For the introspective Liz, on the other hand, life had become all of a sudden a sort of fun-fair. A kaleidoscope. A place where no surface ever stayed still or horizontal for more than a few seconds together. Where one was plunged into swift mock danger and whirled about in coloured lights. Liz had been falling in and out of love more or less regularly since the age of seven, but she had never wanted to marry anyone but Walter. Who was Walter, and different. But never in that long progression from the baker's roundsman to Walter had she been aware of anyone as she was aware of Searle. Even with Tino Tresca, of the yearning eyes and the tenor that dissolved one's heart like a melting ice, even with Tresca, craziest of all her devotions, it was possible to forget for minutes together that she was in the same room with him. (With Walter, of course, there was nothing remarkable in the fact that they should be sharing the same air: he was just there and it was nice.) But it was never possible to forget that Searle was in a room.
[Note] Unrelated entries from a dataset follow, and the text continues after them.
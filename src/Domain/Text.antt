-- ===== src/Domain/Text.antt =====
-- internal/domain/operation/operation.go: the texts of the statuses and the stages.
use update_service.Base.{String, ◌≡◌, ◌≢◌, refl, str_eq, if◌then◌else◌}
use update_service.Domain.Operation.{
  OperationStatus, created, queued, dispatched, transferring, transferred, processing, completed,
  failed, timeout, cancelled, other, OperationStage, waiting_for_upload, stage_queued, scheduling,
  waiting_for_ack, stage_transferring, stage_transferred, verifying, stage_processing,
  stage_completed, stage_failed, stage_timeout, stage_cancelled, other_stage,
}

-- The constants' texts.
unfoldable pub status_text : OperationStatus → String
status_text created = "CREATED"
status_text queued = "QUEUED"
status_text dispatched = "DISPATCHED"
status_text transferring = "TRANSFERRING"
status_text transferred = "TRANSFERRED"
status_text processing = "PROCESSING"
status_text completed = "COMPLETED"
status_text failed = "FAILED"
status_text timeout = "TIMEOUT"
status_text cancelled = "CANCELLED"
status_text (other s) = s

unfoldable pub stage_text : OperationStage → String
stage_text waiting_for_upload = "WAITING_FOR_UPLOAD"
stage_text stage_queued = "QUEUED"
stage_text scheduling = "SCHEDULING"
stage_text waiting_for_ack = "WAITING_FOR_ACK"
stage_text stage_transferring = "TRANSFERRING"
stage_text stage_transferred = "TRANSFERRED"
stage_text verifying = "VERIFYING"
stage_text stage_processing = "PROCESSING"
stage_text stage_completed = "COMPLETED"
stage_text stage_failed = "FAILED"
stage_text stage_timeout = "TIMEOUT"
stage_text stage_cancelled = "CANCELLED"
stage_text (other_stage s) = s

unfoldable pub status_of : String → OperationStatus
status_of s =
    if str_eq s "CREATED"
    then created
    else if str_eq s "QUEUED"
    then queued
    else if str_eq s "DISPATCHED"
    then dispatched
    else if str_eq s "TRANSFERRING"
    then transferring
    else if str_eq s "TRANSFERRED"
    then transferred
    else if str_eq s "PROCESSING"
    then processing
    else if str_eq s "COMPLETED"
    then completed
    else if str_eq s "FAILED"
    then failed
    else if str_eq s "TIMEOUT"
    then timeout
    else if str_eq s "CANCELLED"
    then cancelled
    else other s

unfoldable pub stage_of : String → OperationStage
stage_of s =
    if str_eq s "WAITING_FOR_UPLOAD"
    then waiting_for_upload
    else if str_eq s "QUEUED"
    then stage_queued
    else if str_eq s "SCHEDULING"
    then scheduling
    else if str_eq s "WAITING_FOR_ACK"
    then waiting_for_ack
    else if str_eq s "TRANSFERRING"
    then stage_transferring
    else if str_eq s "TRANSFERRED"
    then stage_transferred
    else if str_eq s "VERIFYING"
    then verifying
    else if str_eq s "PROCESSING"
    then stage_processing
    else if str_eq s "COMPLETED"
    then stage_completed
    else if str_eq s "FAILED"
    then stage_failed
    else if str_eq s "TIMEOUT"
    then stage_timeout
    else if str_eq s "CANCELLED"
    then stage_cancelled
    else other_stage s

-- The statuses' texts are read back.
pub status_of-status_text :
    (s : OperationStatus) → ((t : String) → s ≢ other t) → status_of (status_text s) ≡ s
unfolding status_of status_text
status_of-status_text (other t) h = absurd (h t refl)
status_of-status_text created h = refl
status_of-status_text _ h = refl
Why? she kept asking herself. Or rather, why not?
It had nothing to do with falling in love, this interest; this excitement. If, on Sunday night, after two days in his company, he had turned to her and said: 'Come away with me, Liz, she would have laughed aloud at so absurd a notion. She had no desire to go away with him.
But a light went out of the room with him, and sprang up again when he came back. She was aware of every movement of his, from the small mallet of his forefinger as it flicked the radio switch, to the lift of his foot as it kicked a log in the fireplace.
Why?
She had gone walking with him through the woods, she had shown him the village and the church, and always the excitement had been there; in his gentle drawling courtesy, and in those disconcerting grey eyes that seemed to know too much about her. For Liz, all American men were divided into two classes: those who treated you as if you were a frail old lady, and those who treated you as if you were just frail. Searle belonged to the first class. He helped her over stiles, and shielded her from the crowding dangers of the village street; he deferred to her opinion and flattered her ego; and, as a mere change from Walter, Liz found it pleasant. Walter took it for granted that she was adult enough to look after herself, but not quite adult enough to be consulted by Walter Whitmore, Household Word Throughout the British Isles and a Large Part of Overseas. Searle's was a charming reversal of form.
She had thought, watching him move slowly round the interior of the church, what a perfect companion he would have made if it were not for this pricking excitement; this sense of wrongness.
Even the unimpressionable Lavinia, always but semi-detached from her current heroine, was, Liz noticed, touched by this strange attraction. Searle had sat with her on the terrace after dinner on Saturday night, while Walter and Liz walked in the garden and Emma attended to household matters. As they passed below the terrace each time on their round of the garden, Liz could hear her aunt's light childlike voice babbling happily, like a little stream in the half-dark of the early moonrise. And on Sunday morning Lavinia had confided to Liz that no one had ever made her feel so abandoned as Mr Searle. 'I am sure that he was something very wicked in Ancient Greece, she said. And had added with a giggle: 'But don't tell your mother that I said so!